The SCHEMA Value Estimator™ takes current key customer-related value and behaviour metrics to produce a segmented view of where value currently comes from. It shows the value of customers acquired and those being lost; how customer value grows and how much is spent on customers of differing values. It is built up from information provided by the organisation about its current win, keep, develop and cost performance.
Data to populate the model can come from transactional systems or shopper panels if direct transactional data is not available (TCF prepare the data collection brief for this exercise). Even in sectors where customers buy from a portfolio or repertoire of brands, this business case methodology can be very effective at challenging ‘received wisdom’ about customer behaviour and the role of engagement.
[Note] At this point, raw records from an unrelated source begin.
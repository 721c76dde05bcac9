-- ===== src/Tests/Cards.antt =====
-- The handles of a node component, and the preview of a saved image.
use workflowui.Base.{ℕ, arith, String, ◌≡◌, refl, false, none, some, [], ◌∷◌, Memᴰ}
use workflowui.Manifest.{input_image_entry}
use workflowui.Store.{idle, running, done}
use workflowui.Preview.{shows_loading}
use workflowui.Cards.{CardData, Format}
use workflowui.Cards.Saved.{Saved, mounted, run_effect, on_timer, saved_view}
use workflowui.Cards.Saved.Thumbnail.{answer_all, run_effect_lem}
use workflowui.Cards.Ports.{drawn_ports, drawn_ports_lem}

abbrev format : Format ℕ
format = record {
  print = λ n. "0";
  fixed = λ digits n. "0";
  decimal = λ n. "0";
  positive = λ v. none;
  upper = λ t. t;
  lowest = λ n ns. n;
  highest = λ n ns. n;
  mean = λ n ns. n;
  json = λ o. "{}";
}

abbrev card_data : CardData ℕ
card_data = record {
  status = idle;
  config = [];
  elapsed_ms = none;
  runs_count = none;
  avg_ms = none;
  output = none;
  has_input = false;
  has_output = false;
}

drawn_ports_lem_example :
    drawn_ports format card_data input_image_entry.type ≡ some input_image_entry.ports
drawn_ports_lem_example = drawn_ports_lem format card_data input_image_entry (Memᴰ.head refl)

abbrev same_text : String → String
same_text t = t

-- the picture of a run is being fetched when the next run begins
abbrev fetching : Saved
fetching = on_timer (run_effect same_text done "out.png" (mounted running))

run_effect_lem_example :
    saved_view (
      answer_all
        ((1, some "picture") ∷ [])
        (on_timer (run_effect same_text running "out.png" fetching)))
    ≡ shows_loading
unfolding on_timer run_effect mounted
run_effect_lem_example =
    run_effect_lem same_text "out.png" running fetching ((1, some "picture") ∷ []) none
      (omega arith, tt)
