-- ===== src/Tests/Cycles.antt =====
-- The cycle search on small graphs.
use workflowui.Base.{◌≡◌, ◌↔◌, refl, some, String, List, [], ◌∷◌, All, Memᴰ}
use workflowui.Cycles.{CycleEdge, find_cyclic_edges}
use workflowui.Cycles.Graph.{Reach, OnCycle}
use workflowui.Cycles.Sound.{find_cyclic_edges_sound}
use workflowui.Cycles.Total.{find_cyclic_edges_total}
use workflowui.Cycles.Complete.{find_cyclic_edges_empty_iff}

abbrev edge : String → String → String → CycleEdge
edge id s t = record { id = id; source = s; target = t }

-- a cycle of three nodes, and an edge back along it that closes a second cycle
abbrev forward : List CycleEdge
forward = edge "ab" "a" "b" ∷ edge "bc" "b" "c" ∷ edge "ca" "c" "a" ∷ edge "ac" "a" "c" ∷ []

-- the edge "ac" lies on the cycle of "ac" and "ca", and is not reported
find_forward : find_cyclic_edges forward ≡ some ("ca" ∷ "bc" ∷ "ab" ∷ [])
unfolding find_cyclic_edges
find_forward = refl

find_loop : find_cyclic_edges (edge "x" "a" "a" ∷ edge "y" "a" "b" ∷ []) ≡ some ("x" ∷ [])
unfolding find_cyclic_edges
find_loop = refl

abbrev diamond : List CycleEdge
diamond = edge "1" "a" "b" ∷ edge "2" "a" "c" ∷ edge "3" "b" "d" ∷ edge "4" "c" "d" ∷ []

find_diamond : find_cyclic_edges diamond ≡ some []
unfolding find_cyclic_edges
find_diamond = refl

find_cyclic_edges_sound_example : All (OnCycle forward) ("ca" ∷ "bc" ∷ "ab" ∷ [])
find_cyclic_edges_sound_example =
    find_cyclic_edges_sound forward ("ca" ∷ "bc" ∷ "ab" ∷ []) find_forward

find_cyclic_edges_total_example : (ids : List String) × (find_cyclic_edges diamond ≡ some ids)
find_cyclic_edges_total_example = find_cyclic_edges_total diamond

find_cyclic_edges_empty_iff_example :
    (◌≡◌ {A = List String} [] [])
    ↔ ((e : CycleEdge) → Memᴰ e diamond → ¬ Reach diamond e.source e.target)
find_cyclic_edges_empty_iff_example = find_cyclic_edges_empty_iff diamond [] find_diamond
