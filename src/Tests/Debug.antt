-- ===== src/Tests/Debug.antt =====
-- The debug store on short histories.
use workflowui.Base.{ℕ, ◌≡◌, String, none, List, [], ◌∷◌, map}
use workflowui.Debug.{LogInput, info, init, clear_logs}
use workflowui.Debug.Logs.{log_all, logs-log_all, newest, stamp}
use workflowui.Debug.Breakpoints.{Command, add, remove, toggle}

abbrev note : String → ℕ × LogInput ℕ
note message = (7, record { node_id = "n"; message = message; level = info; payload = none })

logs-log_all_example :
    (log_all (note "a" ∷ note "b" ∷ []) (clear_logs init)).logs
    ≡ newest (map stamp (note "a" ∷ note "b" ∷ []))
logs-log_all_example = logs-log_all (note "a" ∷ note "b" ∷ []) init

abbrev calls : List Command
calls = add "a" ∷ add "a" ∷ toggle "a" ∷ add "b" ∷ remove "a" ∷ []
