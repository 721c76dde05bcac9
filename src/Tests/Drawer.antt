-- ===== src/Tests/Drawer.antt =====
-- The drawer on a model with a split.
use workflowui.Base.{
  ℕ, ◌≡◌, refl, true, List, [], ◌∷◌, map, All, Memᴰ, ◌↔◌, Distinct, ne_of_eq_false,
}
use workflowui.Drawer.{ModelBlob, ModelGraph, ModelEdge, layout_edges, canvas_shape, table_shape}
use workflowui.Drawer.Wires.{IsWire, IsNamed, layout_edges_lem}
use workflowui.Drawer.Shapes.{canvas_shape-table_shape}

-- a consumer is listed twice, and a blob has no producer
abbrev blobs : List ModelBlob
blobs =
    record {
      name = "data";
      shape = 3 ∷ 224 ∷ 224 ∷ [];
      producer = "input";
      consumers = "conv" ∷ "conv" ∷ "pool" ∷ [];
    }
    ∷ record { name = "mean"; shape = []; producer = ""; consumers = "conv" ∷ [] }
    ∷ []

abbrev graph : ModelGraph ℕ
graph = record {
  vendor = "ncnn";
  format_version = "1";
  layers = [];
  blobs = blobs;
  param_bytes = 10;
  bin_bytes = 20;
  input_blob_names = "data" ∷ [];
  output_blob_names = [];
  editable = true;
}

layout_edges_lem_example :
    Distinct (map ModelEdge.id (layout_edges graph))
    × All (IsWire graph.blobs) (layout_edges graph)
    × (Memᴰ "input->conv::data" (map ModelEdge.id (layout_edges graph))
        ↔ IsNamed graph.blobs "input->conv::data")
layout_edges_lem_example = layout_edges_lem graph "input->conv::data"

canvas_shape-table_shape_example :
    canvas_shape blobs ("data" ∷ []) ≡ table_shape blobs ("data" ∷ [])
canvas_shape-table_shape_example =
    canvas_shape-table_shape blobs ("data" ∷ []) ((ne_of_eq_false "data" "mean" refl, tt), (tt, tt))
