-- ===== src/Tests/Inspect.antt =====
-- The model inspection on short runs.
use workflowui.Base.{ℕ, ◌+◌, ◌≡◌, String, [], ◌∷◌, ◌++◌, arith}
use workflowui.Base.{ℤ, negsuc}
use workflowui.Ws.{Outcome, rejected}
use workflowui.Inspect.{InspectState, answered, init, inspect, commit, resume_all}
use workflowui.Inspect.Latest.{resume_all-inspect}

-- the first of two inspections is answered after the second
abbrev clicked : InspectState ℕ
clicked = inspect init

resume_all-inspect_example :
    resume_all ([] ++ (clicked.seq + 1, answered 7) ∷ (1, answered 3) ∷ []) (inspect clicked)
    ≡ commit (answered 7) (inspect clicked)
unfolding inspect
resume_all-inspect_example =
    resume_all-inspect [] ((1, answered 3) ∷ []) (answered 7) clicked tt (λ e. omega arith, tt)

abbrev shown : ℤ → String
shown code = "-32602"

abbrev decimal : ℕ → String
decimal n = "0"

abbrev malformed : Outcome ℕ
malformed = rejected (record { code = negsuc 32601; message = "bad model" })
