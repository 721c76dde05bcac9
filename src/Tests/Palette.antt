-- ===== src/Tests/Palette.antt =====
-- A search in the palette.
use workflowui.Base.{◌≡◌, refl, String, some, true, All}
use workflowui.Manifest.{input}
use workflowui.Palette.{Palette, node_type_list, visible, sections, is_searching}
use workflowui.Palette.Search.{shown, of_category, IsSorted, sections_searching}

abbrev same_text : String → String
same_text t = t

-- every category is collapsed
abbrev searched : Palette
searched = record { query = "Image"; collapsed = λ c. some true }

sections_searching_example :
    (of_category (shown (sections same_text same_text node_type_list searched)) input
      ≡ of_category (visible same_text same_text node_type_list "Image") input)
    × All IsSorted (sections same_text same_text node_type_list searched)
unfolding is_searching
sections_searching_example =
    sections_searching same_text same_text searched refl node_type_list input
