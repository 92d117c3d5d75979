-- ===== src/Arena/Methods.antt =====
-- `TecArena_allocate` on the slots of an arena.
use mathlib.Core.Path.{subst}
use mathlib.Core.Bool.{true≢false}
use tecc.Base.{
  ℕ, suc, ◌+◌, ◌≤◌, ◌<◌, ◌≡◌, inl, inr, refl, sym, ap, ◌∙◌, true, false, none, some, List, [], ◌∷◌,
  arith, ltb, ◌==◌, if◌then◌else◌, Bool-cases, ==_iff, length,
}
use tecc.Base.Heap.{Ptr, null, put, Holds, load_lem, store_lem, put_self}
use tecc.Base.Run.{ok, Returns}
use tecc.Arena.Defs.{Word, flags, link, Arena, next_of, take_slot, from_heap, allocate}
use tecc.Arena.Pool.{elem, Distinct, at, FreeList, stop, step, frame, IsPool}
use tecc.Arena.Slots.{elem-ne, slot_holds, other_slot, still_backed, put-IsPool}

-- What a call of allocate gives: a slot that was not in use, or, where every slot is in use, what
-- calloc gives.
pub data Allocated (a : Arena) (live frees : List ℕ) (p : Ptr) : Ptr × Arena → Type 0 where
  in_block :
      {r : Ptr × Arena} (i : ℕ) (frees' : List ℕ)
      → r.0 ≡ at a i
      → i < a.capacity
      → elem i live ≡ false
      → IsPool r.1 (i ∷ live) frees'
      → Allocated a live frees p r
  outside :
      length live ≡ a.capacity
      → IsPool (from_heap a p).1 live frees
      → Allocated a live frees p (from_heap a p)

abbrev taken : Arena → ℕ → Ptr → Arena
taken a i next = record a {
  memory = put a.memory (at a i) (some (flags 1));
  free_list = next;
  allocated = a.allocated + 1;
}

module _ {a : Arena} {live frees : List ℕ} (t : IsPool a live frees) where
  -- The flag is set in the slot `i`, which leaves the free list, whose rest is `frees'`.
  taken-IsPool :
      (i : ℕ) (next : Ptr) (frees' : List ℕ)
      → elem i live ≡ false
      → elem i frees' ≡ false
      → FreeList (at a) a.memory next frees'
      → Distinct frees'
      → ((j : ℕ) → elem j frees' ≡ true → elem j frees ≡ true)
      → i < suc (length live) + length frees'
      → suc (length live) + length frees' ≤ a.capacity
      → length live + length frees ≤ suc (length live) + length frees'
      → IsPool (taken a i next) (i ∷ live) frees'
  unfolding elem
  taken-IsPool i next frees' out out' listed once part below fits grows = record {
    sized = t.sized;
    based = t.based;
    listed = frame listed (λ j inside. other_slot t (flags 1) i j (elem-ne j i frees' inside out'));
    once_live = (out, t.once_live);
    once_free = once;
    apart = λ j inside. elim (Bool-cases (j == i)) [
      | inl e ↦ ap (λ (k : ℕ). elem k frees') ((==_iff j i).0 e) ∙ out'
      | inr e ↦ elim (Bool-cases (elem j frees')) [
        | inl unused ↦ absurd (true≢false (sym (part j unused) ∙ t.apart j (rw e at inside)))
        | inr o ↦ o
      ]
    ];
    live_below = λ j inside. elim (Bool-cases (j == i)) [
      | inl e ↦ let same : j ≡ i = (==_iff j i).0 e in omega arith
      | inr e ↦ omega (arith, t.live_below j (rw e at inside))
    ];
    free_below = λ j inside. omega (arith, t.free_below j (part j inside));
    fits = fits;
    counted = let count = t.counted in omega arith;
    marked = λ j inside. elim (Bool-cases (j == i)) [
      | inl e ↦
          ap (λ (k : ℕ). put a.memory (at a i) (some (flags 1)) (at a k)) ((==_iff j i).0 e)
          ∙ put_self a.memory (at a i) (some (flags 1))
      | inr e ↦ other_slot t (flags 1) i j e ∙ t.marked j (rw e at inside)
    ];
    backed = still_backed t (flags 1) i;
  }

from_heap-IsPool :
    {a : Arena} {live frees : List ℕ}
    → IsPool a live frees
    → (p : Ptr) → a.memory p ≡ none
    → IsPool (from_heap a p).1 live frees
unfolding from_heap
from_heap-IsPool t p unused = elim (Bool-cases (p == null)) [
  | inl e ↦ rw e t
  | inr e ↦ rw e (put-IsPool p _ t unused)
]

taken_steps :
    (a : Arena) (p ptr next : Ptr) (w : Word)
    → take_slot a ≡ ok (ptr, next)
    → Holds a.memory ptr w
    → allocate a p
      ≡ ok (
        ptr,
        record a {
          memory = put a.memory ptr (some (flags 1));
          free_list = next;
          allocated = a.allocated + 1;
        },
      )
unfolding allocate
taken_steps a p ptr next w run there = rw (run, there.not_null, store_lem there (flags 1))

full_steps :
    (a : Arena) (p : Ptr)
    → a.free_list ≡ null
    → take_slot a ≡ ok (null, null)
    → allocate a p ≡ ok (from_heap a p)
unfolding allocate
full_steps a p e run =
    rw run (ap (λ (l : Ptr). ok (from_heap (record a { free_list = l }) p)) (sym e))

take_new :
    (a : Arena)
    → a.free_list ≡ null
    → take_slot a ≡ ok (if ltb a.allocated a.capacity then at a a.allocated else null, null)
unfolding take_slot
take_new a e = rw e

take_free :
    (a : Arena) (next : Ptr)
    → Holds a.memory a.free_list (link next)
    → take_slot a ≡ ok (a.free_list, next)
unfolding take_slot next_of
take_free a next there = rw (there.not_null, load_lem there)

allocate_lem :
    {a : Arena} {live : List ℕ} (frees : List ℕ) (p : Ptr)
    → IsPool a live frees
    → a.memory p ≡ none
    → FreeList (at a) a.memory a.free_list frees
    → Returns (allocate a p) (Allocated a live frees p)
unfolding elem
allocate_lem {a} {live} [] p t unused (stop e) = elim (Bool-cases (ltb a.allocated a.capacity)) [
  | inl room ↦
      let i = a.allocated in
      let count = t.counted in
      let (w, there) = t.backed i (ground arith) in
      let out : elem i live ≡ false = elim (Bool-cases (elem i live)) [
        | inl inside ↦ absurd (omega (arith, t.live_below i inside))
        | inr o ↦ o
      ] in
      (
        (at a i, taken a i null),
        taken_steps a p (at a i) null w (take_new a e ∙ rw room) (slot_holds t i w there),
        in_block i [] refl (ground arith) out (
            taken-IsPool t i null [] out refl (stop refl) tt (λ j h. h) (omega arith) (ground arith)
              (omega arith)),
      )
  | inr full ↦
      let count = t.counted in
      let fits = t.fits in
      (
        from_heap a p,
        full_steps a p e (take_new a e ∙ rw full),
        outside (ground arith) (from_heap-IsPool t p unused),
      )
]
allocate_lem {a} {live} (i ∷ is) p t unused (step {q} e there rest) =
    let out : elem i live ≡ false = elim (Bool-cases (elem i live)) [
      | inl inside ↦ absurd (true≢false (sym (ground arith) ∙ t.apart i inside))
      | inr o ↦ o
    ] in
    let there' : a.memory (at a i) ≡ some (link q) = sym (ap a.memory e) ∙ there in
    let holds = slot_holds t i (link q) there' in
    let holds' : Holds a.memory a.free_list (link q) =
      subst (λ (x : Ptr). Holds a.memory x (link q)) (sym e) holds in
    let below : i < length live + suc (length is) = t.free_below i (ground arith) in
    let fits = t.fits in
    (
      (at a i, taken a i q),
      taken_steps a p (at a i) q (link q) (take_free a q holds' ∙ ap (λ (x : Ptr). ok (x, q)) e)
          holds,
      in_block i is refl (omega arith) out (
          taken-IsPool t i q is out t.once_free.0 rest t.once_free.1 (λ j h. ground arith)
            (omega arith) (omega arith) (omega arith)),
    )

-- `TecArena_allocate` of a well-formed arena ends and does not fault. It returns a slot of the
-- block that is not in use, or, where every slot is in use, what calloc returns, which is memory
-- not in use or NULL; the arena stays well formed.
pub allocate-Allocated :
    {a : Arena} {live frees : List ℕ} (p : Ptr)
    → IsPool a live frees
    → a.memory p ≡ none
    → Returns (allocate a p) (Allocated a live frees p)
allocate-Allocated {frees} p t unused = allocate_lem frees p t unused t.listed
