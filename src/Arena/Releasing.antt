-- ===== src/Arena/Releasing.antt =====
-- `TecArena_release` on the slots of an arena.
use mathlib.Core.Bool.{true≢false}
use tecc.Base.{
  ℕ, ◌-◌, ◌≡◌, inl, inr, refl, sym, ◌∙◌, true, false, some, List, [], ◌∷◌, arith, ◌==◌,
  if◌then◌else◌, Bool-cases, ==_iff, length,
}
use tecc.Base.Heap.{Ptr, null, put, Holds, load_lem, store_lem, put_self}
use tecc.Base.Run.{ok, Returns}
use tecc.Arena.Defs.{flags, link, Arena, release_slot, release_flagged, release}
use tecc.Arena.Pool.{
  elem, without, at, stop, step, frame, IsPool, elem-without_self, elem-without, Distinct-without,
  length-without,
}
use tecc.Arena.Slots.{elem-ne, slot_holds, other_slot, still_backed}

nil_of_length : (js : List ℕ) → length js ≡ 0 → js ≡ []
nil_of_length [] e = refl
nil_of_length (j ∷ js) e = absurd (omega (arith, e))

abbrev released : Arena → Ptr → Ptr → Arena
released a ptr first = record a {
  memory = put a.memory ptr (some (link a.free_list));
  free_list = first;
  allocated = a.allocated - 1;
}

release_steps :
    (a : Arena) (ptr : Ptr)
    → Holds a.memory ptr (flags 1)
    → release a ptr ≡ ok (released a ptr (if a.allocated - 1 == 0 then null else ptr))
unfolding release release_flagged release_slot
release_steps a ptr there = rw (there.not_null, load_lem there, store_lem there (link a.free_list))

module _ {a : Arena} {live frees : List ℕ} (t : IsPool a live frees) (i : ℕ)
    (inside : elem i live ≡ true) where
  not_self : (j : ℕ) → elem j (without i live) ≡ true → (j == i) ≡ false
  not_self j there = elem-ne j i (without i live) there (elem-without_self i live t.once_live)

  -- The last slot in use was released, and the free list is reset.
  reset-IsPool : a.allocated - 1 ≡ 0 → IsPool (released a (at a i) null) (without i live) []
  unfolding elem
  reset-IsPool none_left =
      let count = t.counted in
      let shorter = length-without i live inside in
      let gone : without i live ≡ [] = nil_of_length (without i live) (omega arith) in
      rw gone (record {
        sized = t.sized;
        based = t.based;
        listed = stop refl;
        once_live = tt;
        once_free = tt;
        apart = λ j there. refl;
        live_below = λ j there. absurd (true≢false (sym there));
        free_below = λ j there. absurd (true≢false (sym there));
        fits = omega arith;
        counted = none_left;
        marked = λ j there. absurd (true≢false (sym there));
        backed = still_backed t (link a.free_list) i;
      })

  listed-IsPool : IsPool (released a (at a i) (at a i)) (without i live) (i ∷ frees)
  unfolding elem
  listed-IsPool =
      let count = t.counted in
      let shorter = length-without i live inside in
      record {
        sized = t.sized;
        based = t.based;
        listed = step refl (put_self a.memory (at a i) _) (
            frame t.listed (λ j there.
              other_slot t (link a.free_list) i j (elem-ne j i frees there (t.apart i inside))));
        once_live = Distinct-without i live t.once_live;
        once_free = (t.apart i inside, t.once_free);
        apart = λ j there. rw (not_self j there) (t.apart j (elem-without i j live there));
        live_below = λ j there. omega (arith, t.live_below j (elem-without i j live there));
        free_below = λ j there. elim (Bool-cases (j == i)) [
          | inl e ↦ let same : j ≡ i = (==_iff j i).0 e in omega (arith, t.live_below i inside)
          | inr e ↦ omega (arith, t.free_below j (rw e at there))
        ];
        fits = omega (arith, t.fits);
        counted = omega arith;
        marked = λ j there.
            other_slot t (link a.free_list) i j (not_self j there)
            ∙ t.marked j (elem-without i j live there);
        backed = still_backed t (link a.free_list) i;
      }

-- `TecArena_release` of a slot in use of a well-formed arena ends and does not fault; the slot is
-- in use no more, the others are, and the arena stays well formed, in the same block.
pub release-IsPool :
    {a : Arena} {live frees : List ℕ} (i : ℕ)
    → IsPool a live frees
    → elem i live ≡ true
    → Returns (release a (at a i)) λ a'.
      (frees' : List ℕ) × IsPool a' (without i live) frees'
      × (a'.buf ≡ a.buf)
      × (a'.elem_size ≡ a.elem_size)
unfolding elem
release-IsPool {a} {live} {frees} i t inside =
    let run = release_steps a (at a i) (slot_holds t i (flags 1) (t.marked i inside)) in
    elim (Bool-cases (a.allocated - 1 == 0)) [
      | inl e ↦ (
        released a (at a i) null,
        run ∙ rw e,
        ([], reset-IsPool t i inside ((==_iff (a.allocated - 1) 0).0 e), refl, refl),
      )
      | inr e ↦ (
        released a (at a i) (at a i),
        run ∙ rw e,
        (i ∷ frees, listed-IsPool t i inside, refl, refl),
      )
    ]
The Value Estimator allows scenario planning of the potential value uplift from adopting various customer engagement strategies. It enables the rapid testing of a wide range of ‘what-if’ scenarios against a set of industry-specific value drivers under the “Win, Keep, Develop, Manage Costs” dimensions upon which the module is based. A heat map like in the example above is often a good way of representing the opportunity. These scenarios can be developed directly with you, using assumptions and a realistic appreciation of the capabilities required for ‘uplift’.
The output provides more clarity on the scale of financial benefit and a view of the relative priorities of different engagement strategies. Organisations in the same sector often identify completely different priorities. In the Consumer Packaged Goods sector for instance, organisations have found priority strategies throughout the Win, Keep, Develop, Cost cycle.